Vladimir Putin, Matteo Renzi and Petro Poroshenko  |  Source: Press Service of the President of the Russian Federation  via Wikimedia

The adoption of Ukrainian language by the citizens of Ukraine has emerged as an important aspect of Ukraine’s struggle for a sovereign nation. For centuries, the Ukrainian language has played second fiddle to the dominant Russian, thanks to the mighty influence of the Tsar empire and the Soviet Union. When Ukrainian language was declared as the official language of independent Ukraine in 1991, there was finally a hope that it would gain its rightful place as a National language of Ukraine. However, despite the enforcement of Ukrainian as the official language of the state, Russian continues to be very much prevalent in the country.

While Russian language is dominant in more urban areas, Ukrainian is spoken much more in the rural areas. The ongoing efforts to convince people into believing that the Russian speaking minority are being oppressed in the countryside. The other side of the language divide believes that the Ukrainian language is in far greater need for support from the state so it comes out of the shadow of Russian language.

The Russian annexation of Crimea in 2014 was a hallmark of this complex language war that has been breeding in Ukraine for a long time. Both the Kremlin and Putin justified the annexure of Crimea, citing the need to defend the Russian speaking minority of Ukraine.

The language war has been Russia’s biggest tool in disrupting Ukraine. This was made clear when a United Nations Security Council meeting held on 16th July,2019 regarding Ukraine’s move to make Ukrainian their official language, became a heated argument between Russia and the West. While Russia made clear that they were defending the Russian speaking minority in Ukraine while respecting the official language of the state, the US, backed by its allies like France and Britain employed the meeting to demand an end to the Russian occupation of Crimea.

It was not a surprise at all when the Language Law was passed in 2019, intending to increase the influence of Ukrainian in the society, especially in spheres like media and public services. The language law states that Ukrainian shall be mandatory for all official purposes pertaining to the state as well as international treaties. This law appears to be in line with the broader public opinion. As per a poll conducted by the Democratic Initiatives Foundation and Razumkov Center in December 2019, 69% of Ukrainians were in favor of Ukrainian being the official language of the state, while maintaining the freedom to use Russian in daily life.

Former Ukrainian President Petro Poroshenko was a supporter of the law that was passed on May 15th, 2019. However, Volodymyr Zelenskiy who was elected Ukraine’s president on May 20, 2019, has described the law as a set of “prohibitions and punishments” citing that it will complicate bureaucratic procedures and increase the number of officials rather than decreasing it.

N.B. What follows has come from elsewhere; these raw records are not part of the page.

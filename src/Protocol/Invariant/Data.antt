-- ===== src/Protocol/Invariant/Data.antt =====
-- Data packets leave a safe state: `RouteOutput`, `Forwarding` and `RouteInput`.
use fp_jaringan_nirkabel.Base.{
  ℕ, ◌==◌, ◌&&◌, refl, Bool, true, false, Option, none, some, List, ◌∷◌, Bool-cases, Option-cases,
  OnSome, inl, inr, any, List-cases,
}
use fp_jaringan_nirkabel.AddressMap.{find}
use fp_jaringan_nirkabel.Net.{Time, Packet, Ipv4Header}
use fp_jaringan_nirkabel.Platform.{Platform}
use fp_jaringan_nirkabel.RouteEntry.{Ipv4Route, is_valid}
use fp_jaringan_nirkabel.RoutingTable.{
  RoutingTable, purge, lookup_route, lookup_valid_route, if_valid,
}
use fp_jaringan_nirkabel.RoutingTable.Invariant.{IsValid, purge-IsValid}
use fp_jaringan_nirkabel.IdCache.{IdCache, is_duplicate_packet}
use fp_jaringan_nirkabel.Routing.Validity.{update_route_life_time-IsValid}
use fp_jaringan_nirkabel.Errors.Broken.{send_rerr_when_no_route_to_forward}
use fp_jaringan_nirkabel.Errors.Validity as Reporting
use fp_jaringan_nirkabel.Protocol.{
  Node, Protocol, Output, is_my_own_address, table_of, sockets_of, with_table, ◌▹◌, reporter,
  update_neighbor,
}
use fp_jaringan_nirkabel.Protocol.Forwarding.{
  touch, answering, loopback_route, is_other_device, route_output, no_route, renew, forward_by,
  forwarding, is_broadcast_on,
}
use fp_jaringan_nirkabel.Protocol.Input.{
  has_tag, stays, broadcast_input, renew_origin, unicast_input, route_input,
}
use fp_jaringan_nirkabel.Protocol.Invariant.{
  IsSafe, Safe, like-IsSafe, with_table-IsSafe, ▹-Safe, report-Safe, reporter-IsSound,
  update_neighbor-Safe, deferred_route_output-Safe,
}

module _ {D : Type 0} ⦃o : Platform D⦄ (node : Node) (now : Time) where
  touch-IsValid : (addr : ℕ) (t : RoutingTable D) → IsValid t → IsValid (touch node now addr t)
  touch-IsValid addr t v = update_route_life_time-IsValid now addr node.active_route_timeout t v

  answering-Safe :
      (b : Bool) (r : Option (Protocol D × List Output))
      → Safe node r
      → OnSome (answering b r) (λ r. IsSafe node r.0)
  answering-Safe b none h = tt
  answering-Safe b (some r) h = h

  pub route_output-Safe :
      (p : Option Packet) (header : Ipv4Header) (oif : Option ℕ) (s : Protocol D)
      → IsSafe node s
      → OnSome (route_output node now p header oif s) (λ r. IsSafe node r.0)
  unfolding route_output lookup_valid_route lookup_route
  route_output-Safe none header oif s h =
      elim (Option-cases (loopback_route node header oif (sockets_of s))) [
        | inl fails ↦ rw fails tt
        | inr (route, there) ↦ rw there h
      ]
  route_output-Safe (some p) header oif s h =
      let dst = header.destination in
      let t = purge now (table_of s) in
      let v = purge-IsValid now (table_of s) h.table in
      let purged = with_table-IsSafe node t s v h in
      elim (List-cases (sockets_of s)) [
        | inl no_sockets ↦ rw (no_sockets, route_output) h
        | inr (socket, ss, connected) ↦ elim (Option-cases (if_valid (find dst t.routes))) [
          | inl no_route ↦ elim (Option-cases (loopback_route node header oif (socket ∷ ss))) [
            | inl fails ↦ rw (connected, route_output, no_route, fails) tt
            | inr (route, there) ↦ rw (connected, route_output, no_route, there) purged
          ]
          | inr (rt, there) ↦ elim (Bool-cases (is_other_device oif rt.route)) [
            | inl other ↦ rw (connected, route_output, there, other) purged
            | inr same ↦
                rw (connected, route_output, there, same)
                  (with_table-IsSafe node (touch node now rt.route.gateway (touch node now dst t)) s
                    (touch-IsValid rt.route.gateway _ (touch-IsValid dst t v)) h)
          ]
        ]
      ]

  no_route-Safe :
      (dst seq_no origin : ℕ) (s : Protocol D)
      → IsSafe node s
      → Safe node (no_route node now dst seq_no origin s)
  unfolding no_route
  no_route-Safe dst seq_no origin s h =
      report-Safe node s
        (send_rerr_when_no_route_to_forward now dst seq_no origin (reporter node s)) h
        (Reporting.send_rerr_when_no_route_to_forward-IsSound node.rerr_rate_limit now dst seq_no
          origin (reporter node s) (reporter-IsSound node s h))

  renew-IsValid :
      (header : Ipv4Header) (route : Ipv4Route) (t : RoutingTable D)
      → IsValid t
      → IsValid (renew node now header route t).0
  unfolding renew lookup_route
  renew-IsValid header route t v =
      let t1 =
        touch node now route.gateway
          (touch node now header.destination (touch node now header.source t)) in
      touch-IsValid _ (purge now t1) (
        purge-IsValid now t1 (
          touch-IsValid route.gateway _
            (touch-IsValid header.destination _ (touch-IsValid header.source t v))))

  forward_by-Safe :
      (p : Packet) (header : Ipv4Header) (ucb : ℕ) (route : Ipv4Route) (s : Protocol D)
      → IsSafe node s
      → Safe node (forward_by node now p header ucb route s)
  unfolding forward_by
  forward_by-Safe p header ucb route s h =
      let active = node.active_route_timeout in
      let (t, next_hop) = renew node now header route (table_of s) in
      let s1 = with_table t s in
      ▹-Safe node
        (update_neighbor node now route.gateway active s1
          ▹ update_neighbor node now next_hop active)
        _
        (▹-Safe node (update_neighbor node now route.gateway active s1) _
          (update_neighbor-Safe node now route.gateway active s1
            (with_table-IsSafe node t s (renew-IsValid header route (table_of s) h.table) h))
          (update_neighbor-Safe node now next_hop active))
        (λ s h. h)

  pub forwarding-Safe :
      (p : Packet) (header : Ipv4Header) (ucb : ℕ) (s : Protocol D)
      → IsSafe node s
      → OnSome (forwarding node now p header ucb s) (λ r. IsSafe node r.0)
  unfolding forwarding lookup_route
  forwarding-Safe p header ucb s h =
      let dst = header.destination in
      let t = purge now (purge now (table_of s)) in
      let v = purge-IsValid now (purge now (table_of s)) (purge-IsValid now (table_of s) h.table) in
      let s1 = with_table t s in
      let h1 = with_table-IsSafe node t s v h in
      elim (Option-cases (find dst t.routes)) [
        | inl unknown ↦
            rw (unknown, forwarding)
              (answering-Safe false _ (no_route-Safe dst 0 header.source s1 h1))
        | inr (to_dst, there) ↦ elim (Bool-cases (is_valid to_dst.flag)) [
          | inl usable ↦
              rw (there, forwarding, usable)
                (answering-Safe true _ (forward_by-Safe p header ucb to_dst.route s1 h1))
          | inr unusable ↦ elim (Bool-cases to_dst.valid_seq_no) [
            | inl known ↦
                rw (there, forwarding, unusable, known)
                  (answering-Safe false _ (no_route-Safe dst to_dst.seq_no header.source s1 h1))
            | inr unknown ↦
                rw (there, forwarding, unusable, unknown)
                  (answering-Safe false _ (no_route-Safe dst 0 header.source s1 h1))
          ]
        ]
      ]

  with_packets-IsSafe :
      (c : IdCache) (s : Protocol D) → IsSafe node s → IsSafe node (record s { packets = c })
  with_packets-IsSafe c s h = like-IsSafe node s (record s { packets = c }) refl refl refl refl h

  broadcast_input-IsSafe :
      (p : Packet) (header : Ipv4Header) (ucb : ℕ) (lcb : Bool) (ecb : ℕ) (s : Protocol D)
      → IsSafe node s
      → IsSafe node (broadcast_input node now p header ucb lcb ecb s).0
  unfolding broadcast_input lookup_route
  broadcast_input-IsSafe p header ucb lcb ecb s h =
      let c = (is_duplicate_packet now p header s.packets).0 in
      let s1 : Protocol D = record s { packets = c } in
      let h1 = with_packets-IsSafe c s h in
      let t1 = touch node now header.source (table_of s) in
      let v1 = touch-IsValid header.source (table_of s) h.table in
      elim (Bool-cases (is_duplicate_packet now p header s.packets).1) [
        | inl again ↦ rw again h1
        | inr new ↦ elim (Bool-cases (stays node p header)) [
          | inl kept ↦ rw (new, kept) (with_table-IsSafe node t1 s1 v1 h1)
          | inr sent ↦
              rw (new, sent) (with_table-IsSafe node (purge now t1) s1 (purge-IsValid now t1 v1) h1)
        ]
      ]

  renew_origin-Safe :
      (header : Ipv4Header) (s : Protocol D)
      → IsSafe node s
      → Safe node (renew_origin node now header s)
  unfolding renew_origin lookup_valid_route lookup_route
  renew_origin-Safe header s h =
      let t1 = touch node now header.source (table_of s) in
      let t = purge now t1 in
      let v = purge-IsValid now t1 (touch-IsValid header.source (table_of s) h.table) in
      elim (Option-cases (if_valid (find header.source t.routes))) [
        | inl no_route ↦ rw (no_route, renew_origin) (with_table-IsSafe node t s v h)
        | inr (to, there) ↦
            let t' = touch node now to.route.gateway t in
            rw (there, renew_origin)
              (update_neighbor-Safe node now to.route.gateway node.active_route_timeout
                (with_table t' s)
                (with_table-IsSafe node t' s (touch-IsValid to.route.gateway t v) h))
      ]

  unicast_input-Safe :
      (p : Packet) (header : Ipv4Header) (lcb : Bool) (ecb : ℕ) (s : Protocol D)
      → IsSafe node s
      → Safe node (unicast_input node now p header lcb ecb s)
  unfolding unicast_input
  unicast_input-Safe p header lcb ecb s h =
      ▹-Safe node (renew_origin node now header s) _ (renew_origin-Safe header s h) (λ s h. h)

  -- Every branch of `RouteInput`.
  pub route_input-Safe :
      (p : Packet) (header : Ipv4Header) (idev ucb : ℕ) (lcb : Bool) (ecb : ℕ) (s : Protocol D)
      → IsSafe node s
      → OnSome (route_input node now p header idev ucb lcb ecb s) (λ r. IsSafe node r.0)
  unfolding route_input
  route_input-Safe p header idev ucb lcb ecb s h = elim (List-cases (sockets_of s)) [
    | inl no_sockets ↦ rw (no_sockets, route_input) h
    | inr (socket, ss, connected) ↦
        let iif = node.interface_for_device idev in
        let dst = header.destination in
        elim (Bool-cases (idev == node.loopback && has_tag p)) [
          | inl deferred ↦
              rw (connected, route_input, deferred)
                (answering-Safe true _ (deferred_route_output-Safe node now p header ucb ecb s h))
          | inr direct ↦ elim (Bool-cases (is_my_own_address header.source (socket ∷ ss))) [
            | inl own ↦ rw (connected, route_input, direct, own) h
            | inr foreign ↦ elim (Bool-cases (node.is_multicast dst)) [
              | inl many ↦ rw (connected, route_input, direct, foreign, many) h
              | inr few ↦ elim (Bool-cases (any (is_broadcast_on node iif dst) (socket ∷ ss))) [
                | inl all ↦
                    rw (connected, route_input, direct, foreign, few, all)
                      (broadcast_input-IsSafe p header ucb lcb ecb s h)
                | inr one ↦ elim (Bool-cases (node.is_destination_address dst iif)) [
                  | inl here ↦
                      rw (connected, route_input, direct, foreign, few, one, here)
                        (answering-Safe true _ (unicast_input-Safe p header lcb ecb s h))
                  | inr away ↦ elim (Bool-cases (node.is_forwarding iif)) [
                    | inl forwards ↦
                        rw (connected, route_input, direct, foreign, few, one, away, forwards)
                          (forwarding-Safe p header ucb s h)
                    | inr never ↦
                        rw (connected, route_input, direct, foreign, few, one, away, never) h
                  ]
                ]
              ]
            ]
          ]
        ]
  ]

Ukraine, it seems, is emerging from the perils of the language war and looks to adopt a bilingual approach for dealing with the language challenge. For instance, Russian speaking Ukrainians have been central in Ukraine’s resistance to the Russia backed insurgents in Eastern region of Ukraine . The election of a Jewish Russian-speaker, Volodymyr Zelenskyy as Ukraine’s sixth president in 2019 is seen by many Ukrainians as a positive step for the country’s politics of language.

Despite all the progress, however, the language war continues to be a sensitive issue in Ukraine. A Ukranian social media user on 11th June 2020 posted an English and Ukrainian bilingual McDonalds' menu, which implied that Russian language is removed from the menu. The post became viral soon and was picked up by a pro-Kremlin politician and social media star Anatoliv Shariy, who claimed that the menu reflected on the negative attitude towards the Russian speaking Ukrainians. McDonald's issued a statement clarifying that Russian language option was never present in its menu anywhere in Ukraine, but the damage had been done.

It seems that the saga of using language for political gains will keep on running in Ukrainian as both sides on the partisan divide are progressively entrenching their respective positions.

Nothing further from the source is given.